風羽矢の顔からは色がうせ、屋根のおかげで雨には濡れていなかったものの、長く夜風にさらされていた体は冷えきってしまっていた。
「馬鹿やろう」
突然爆発して稚武は怒鳴った。
「なんでお前がそこまでするんだよ、悪いのは俺だろ。お前は怒ったっていいはずだろう。馬鹿やろう、馬鹿やろう」
稚武が本当に罵りたいのは自分だった。なんて事をしたのだろう。風羽矢が自分を一人きりにさせるはずがなかった。いくら突き放されても、彼が稚武を一人ぼっちにするはずがなかった。風羽矢は、傷つきながら、それでも稚武を置いていかなかったのだ。
「……悪かった。ごめん、風羽矢」
声を落として、稚武は彼に謝った。風羽矢は目をぱちくりさせ、それから「どうして?」と微笑んだ。
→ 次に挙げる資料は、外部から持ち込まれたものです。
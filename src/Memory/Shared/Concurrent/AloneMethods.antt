-- ===== src/Memory/Shared/Concurrent/AloneMethods.antt =====
-- Each method, with no other method in between, against the method as a whole.
use pipeline_tools.Prelude.{
  ap, ◌∷◌, ℕ, suc, ◌≡◌, ◌≢◌, refl, Option, none, some, arith, ◌==◌, Bool-cases, inl, inr,
  Option-cases,
}
use pipeline_tools.Prelude.Store.{update, update_self}
use pipeline_tools.Prelude.Outcome.{modify, ◌>>◌}
use pipeline_tools.Memory.Shared.{
  ReleasedBuffer, List, release_block, add_ref, ControlBlock, parts, State, set_ctrl, release_ctrl,
  with_ref,
}
use pipeline_tools.Memory.Shared.Concurrent.Alone.{
  Same, Agree, Gives, alone, alone-at, alone-idle, dropping-Same, deleter_calls,
}
use pipeline_tools.Memory.Shared.Concurrent.{
  set_block, take_parts, keep, idle, constructing, assigning, exchanging, taking, taken, System,
  var, advance_at, deref, set_var, count_up, delete_block,
}

pub assigning-Same :
    {r : List (ℕ × ReleasedBuffer)} (i j x : ℕ) (c : Option ℕ) (s : System) (u : State)
    → s.vars i ≡ var c (assigning j x)
    → Same r s u
    → Agree r (alone 5 i s) ((do add_ref (some x); release_ctrl i; modify (set_ctrl i (some x))) u)
unfolding update advance_at add_ref
assigning-Same i j x c s u e w = elim (Option-cases (s.heap x)) [
  | inl h ↦
      let h' : u.heap x ≡ none = ground (arith, w.heap_same x) in
      rw (alone-at 4 i _ s e, advance_at, deref, h, add_ref, h') tt
  | inr (b, h) ↦
      let h' : u.heap x ≡ some b = ground (arith, w.heap_same x) in
      rw (alone-at 4 i _ s e, advance_at, deref, h, add_ref, h')
        (dropping-Same 0 i (keep (some x)) c _ _ tt (ground arith) (record {
          heap_same = λ a. ground (arith, w.heap_same a);
          ctrl_same = λ k. ground (arith, w.ctrl_same k, w.ctrl_same i);
          calls_same = w.calls_same;
          given_same = w.given_same;
        }))
]

pub constructing-Same :
    {r : List (ℕ × ReleasedBuffer)} (i j x : ℕ) (s : System) (u : State)
    → s.vars i ≡ var (some x) (constructing j)
    → ((k : ℕ) → i ≢ k → (s.vars k).ctrl ≡ u.ctrl k)
    → ((a : ℕ) → s.heap a ≡ u.heap a)
    → deleter_calls s.ended ≡ u.calls
    → s.given ≡ r
    → Agree r (alone 5 i s) ((do add_ref (some x); modify (set_ctrl i (some x))) u)
unfolding update advance_at add_ref
constructing-Same i j x s u e ctrls heaps ends gone = elim (Option-cases (s.heap x)) [
  | inl h ↦
      let h' : u.heap x ≡ none = ground (arith, heaps x) in
      rw (alone-at 4 i _ s e, advance_at, deref, h, add_ref, h') tt
  | inr (b, h) ↦
      let h' : u.heap x ≡ some b = ground (arith, heaps x) in
      rw
        (
          alone-at 4 i _ s e,
          advance_at,
          deref,
          h,
          add_ref,
          h',
          alone-idle 4 i (some x) (count_up i (var (some x) idle) s x b) (update_self s.vars i _),
        )
        (record {
          heap_same = λ a. ground (arith, heaps a);
          ctrl_same = λ k. ground (arith, ctrls k);
          calls_same = ends;
          given_same = gone;
        })
]

alone-taking :
    (m i a : ℕ) (b : ControlBlock) (s : System)
    → s.vars i ≡ var (some a) taking
    → s.heap a ≡ some b
    → alone (suc (suc m)) i s ≡ alone m i (delete_block i (var none idle) (take_parts i s a b) a b)
unfolding advance_at
alone-taking m i a b s e h =
    rw
      (
        alone-at (suc m) i _ s e,
        advance_at,
        deref,
        h,
        alone-at m i (var (some a) (taken (parts b))) (take_parts i s a b) (update_self s.vars i _),
        advance_at,
        deref,
        h,
      )
      refl

pub exchanging-Same :
    {r : List (ℕ × ReleasedBuffer)} (i x : ℕ) (s : System) (u : State)
    → s.vars i ≡ var (some x) exchanging
    → Same r s u
    → Gives r (alone 5 i s) (release_block i x u)
unfolding update advance_at release_block
exchanging-Same i x s u e w = elim (Option-cases (s.heap x)) [
  | inl h ↦
      let h' : u.heap x ≡ none = ground (arith, w.heap_same x) in
      rw (alone-at 4 i _ s e, advance_at, deref, h, release_block, h') tt
  | inr (b, h) ↦
      let h' : u.heap x ≡ some b = ground (arith, w.heap_same x) in
      let t = set_var i (var (some x) taking) (set_block x (some (with_ref 0 b)) s) in
      let v = delete_block i (var none idle) (take_parts i t x (with_ref 0 b)) x (with_ref 0 b) in
      elim (Bool-cases (b.ref == 1)) [
        | inl one ↦
            rw
              (
                alone-at 4 i _ s e,
                advance_at,
                deref,
                h,
                release_block,
                h',
                one,
                alone-taking 2 i x (with_ref 0 b) t (update_self s.vars i _)
                    (update_self s.heap x _),
                alone-idle 2 i none v (ground arith),
              )
              (
                x,
                record {
                  heap_same = λ a. ground (arith, w.heap_same a);
                  ctrl_same = λ k. ground (arith, w.ctrl_same k);
                  calls_same = w.calls_same;
                  given_same = ap (λ l. (x, parts b) ∷ l) w.given_same;
                },
              )
        | inr more ↦
            rw
              (
                alone-at 4 i _ s e,
                advance_at,
                deref,
                h,
                release_block,
                h',
                more,
                alone-idle 4 i (some x) (set_var i (var (some x) idle) s) (update_self s.vars i _),
              )
              (record {
                heap_same = λ a. ground (arith, w.heap_same a);
                ctrl_same = λ k. ground (arith, w.ctrl_same k, w.ctrl_same i);
                calls_same = w.calls_same;
                given_same = w.given_same;
              })
      ]
]
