-- ===== src/Memory/Shared/Concurrent/Calls.antt =====
-- The methods up to their first access to a block, against the counts.
use pipeline_tools.Prelude.{
  ℕ, ◌<◌, ◌≡◌, ◌≢◌, refl, Option, none, some, arith, ◌==◌, Bool-cases, inl, inr, ◌||◌,
}
use pipeline_tools.Prelude.Store.{update}
use pipeline_tools.Memory.Buffer.{ReleasedBuffer, Ptr, Deleter, MemoryLocation, null}
use pipeline_tools.Memory.Shared.Concurrent.{
  After, keep, take_from, idle, constructing, assigning, exchanging, System, var, start_drop, Free,
  steal, exchange, set_var, begin, Call, constructs, copy_constructs, copy_assigns, move_constructs,
  move_assigns, swaps, resets, releases, Ready, read_other, assign_other, open_release,
}
use pipeline_tools.Memory.Shared.Concurrent.Changes.{changes, pair-Inv}
use pipeline_tools.Memory.Shared.Concurrent.Counted.{held, weigh, Inv}

module _ (n : ℕ) (f : ReleasedBuffer → ℕ) (i : ℕ) (lt : i < n) (s : System) (inv : Inv n f s) where
  open inv use {at, sound}

  -- A free variable is what it points to.
  quiet_var : (j : ℕ) → Free j s → s.vars j ≡ var (s.vars j).ctrl idle
  quiet_var j free = ground (arith, free.quiet)

  construct-Inv :
      (fresh : ℕ) (ptr : Ptr) (size : ℕ) (d : Option Deleter) (loc : MemoryLocation)
      → Ready n i (constructs fresh ptr size d loc) s
      → Inv n f (begin i (constructs fresh ptr size d loc) s)
  unfolding begin update weigh
  construct-Inv fresh ptr size d loc (free, empty, unused) =
      let e : s.vars i ≡ var none idle = ground (arith, free.quiet) in
      elim (Bool-cases (ptr == null || size == 0)) [
        | inl nothing ↦ rw nothing (
            changes n f i lt s inv _ (var none idle) _ e free.unread refl tt
              λ a m. ground (arith, at a, m))
        | inr real ↦ rw real (
            changes n f i lt s inv _ (var (some fresh) idle) _ e free.unread refl tt
              λ a m. ground (arith, at a, at fresh, m))
      ]

  drops-Inv :
      (k : After) (c : Option ℕ)
      → s.vars i ≡ var c idle
      → Free i s
      → ((a : ℕ) → held a k ≡ 0)
      → Inv n f (set_var i (start_drop k c) s)
  unfolding update
  drops-Inv k c e free bare =
      changes n f i lt s inv _ (start_drop k c) _ e free.unread refl (ground arith)
        λ a m. ground (arith, at a, m, bare a)

  read_other-Inv :
      (j : ℕ) (d : Option ℕ)
      → s.vars j ≡ var d idle
      → s.vars i ≡ var none idle
      → Free i s
      → i ≢ j
      → j < n
      → Inv n f (read_other i j d s)
  unfolding update
  read_other-Inv j none there e free apart hj =
      changes n f i lt s inv _ (var none idle) _ e free.unread refl tt
        λ a m. ground (arith, at a, m)
  read_other-Inv j (some d) there e free apart hj =
      changes n f i lt s inv _ (var (some d) (constructing j)) _ e free.unread refl (ground arith)
        λ a m. ground (arith, at a, m)

  assign_other-Inv :
      (j : ℕ) (c d : Option ℕ)
      → s.vars j ≡ var d idle
      → s.vars i ≡ var c idle
      → Free i s
      → i ≢ j
      → j < n
      → Inv n f (assign_other i j d s)
  unfolding update
  assign_other-Inv j c none there e free apart hj = rw e (drops-Inv (keep none) c e free λ a. refl)
  assign_other-Inv j c (some d) there e free apart hj = rw e (
      changes n f i lt s inv _ (var c (assigning j d)) _ e free.unread refl (ground arith)
        λ a m. ground (arith, at a, m))

  open_release-Inv :
      (c : Option ℕ) → s.vars i ≡ var c idle → Free i s → Inv n f (open_release i c s)
  unfolding update
  open_release-Inv none e free = inv
  open_release-Inv (some a) e free =
      changes n f i lt s inv _ (var (some a) exchanging) _ e free.unread refl (ground arith)
        λ x m. ground (arith, at x, m)

  steal-Inv :
      (j : ℕ) → Free i s → Free j s → (s.vars i).ctrl ≡ none → i ≢ j → j < n → Inv n f (steal i j s)
  unfolding update
  steal-Inv j free other empty apart hj =
      let d = (s.vars j).ctrl in
      let here : s.vars i ≡ var none idle = ground (arith, free.quiet) in
      let there : s.vars j ≡ var d idle = quiet_var j other in
      pair-Inv n f i lt s inv j none d d none idle _ hj here (ground arith) refl
        (refl, refl, refl, refl) free.unread other.unread λ a. (omega arith, refl, refl)

  exchange-Inv : (j : ℕ) → Free i s → Free j s → j < n → Inv n f (exchange i j s)
  unfolding update
  exchange-Inv j free other hj =
      let c = (s.vars i).ctrl in
      let d = (s.vars j).ctrl in
      let there : s.vars j ≡ var d idle = quiet_var j other in
      pair-Inv n f i lt s inv j c d d c idle _ hj (quiet_var i free) (ground arith) refl
        (refl, refl, refl, refl) free.unread other.unread λ a. (omega arith, refl, refl)

  copy_assign-Inv : (j : ℕ) → Ready n i (copy_assigns j) s → Inv n f (begin i (copy_assigns j) s)
  unfolding begin
  copy_assign-Inv j (free, hj, quiet) = elim (Bool-cases (i == j)) [
    | inl same ↦ rw same inv
    | inr apart ↦
        rw apart
          (assign_other-Inv j _ _ (ground (arith, quiet)) (quiet_var i free) free (ground arith) hj)
  ]

  move_assign-Inv : (j : ℕ) → Ready n i (move_assigns j) s → Inv n f (begin i (move_assigns j) s)
  unfolding begin
  move_assign-Inv j two = elim (Bool-cases (i == j)) [
    | inl same ↦ rw same inv
    | inr apart ↦ rw apart (drops-Inv (take_from j) _ (quiet_var i two.left) two.left λ a. refl)
  ]

  -- A method that its caller may start keeps the counts up to its first access.
  pub begin-Inv : (o : Call) → Ready n i o s → Inv n f (begin i o s)
  unfolding begin
  begin-Inv (constructs fresh ptr size d loc) ok = construct-Inv fresh ptr size d loc ok
  begin-Inv (copy_constructs j) (free, empty, apart, hj, quiet) =
      read_other-Inv j _ (ground (arith, quiet)) (ground (arith, free.quiet)) free apart hj
  begin-Inv (copy_assigns j) ok = copy_assign-Inv j ok
  begin-Inv (move_constructs j) (two, empty, apart) =
      steal-Inv j two.left two.right empty apart two.within
  begin-Inv (move_assigns j) two = move_assign-Inv j two
  begin-Inv (swaps j) two = exchange-Inv j two.left two.right two.within
  begin-Inv resets free = drops-Inv (keep none) _ (quiet_var i free) free λ a. refl
  begin-Inv releases free = open_release-Inv _ (quiet_var i free) free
「謝らなくていいんだよ。誰にだって独りになりたいときはあるんだから…僕が勝手にここにいただけなんだから。稚武が気に病むことじゃないよ」
「そんなわけにいくか。こんなに冷たくなって」
「君だってびしょ濡れだよ。突然飛び出してくるんだもの、びっくりした。何かあったの?」
確かに、稚武は全身が雨に濡れてしまっていた。鞘のことを話そうかと思ったが、どうにも説明しにくかったので、つい「変な夢を見て」と言ってごまかしてしまった。
風羽矢は納得したらしく追及してこなかった。
「そっか。…それで、具合はどう? 少しは落ち着いた?」
「おう、すっきりした」
聞かれてみて初めて気づいたが、稚武の体はもういつもの彼に戻っていた。
良かった、と風羽矢は嬉しそうに笑った。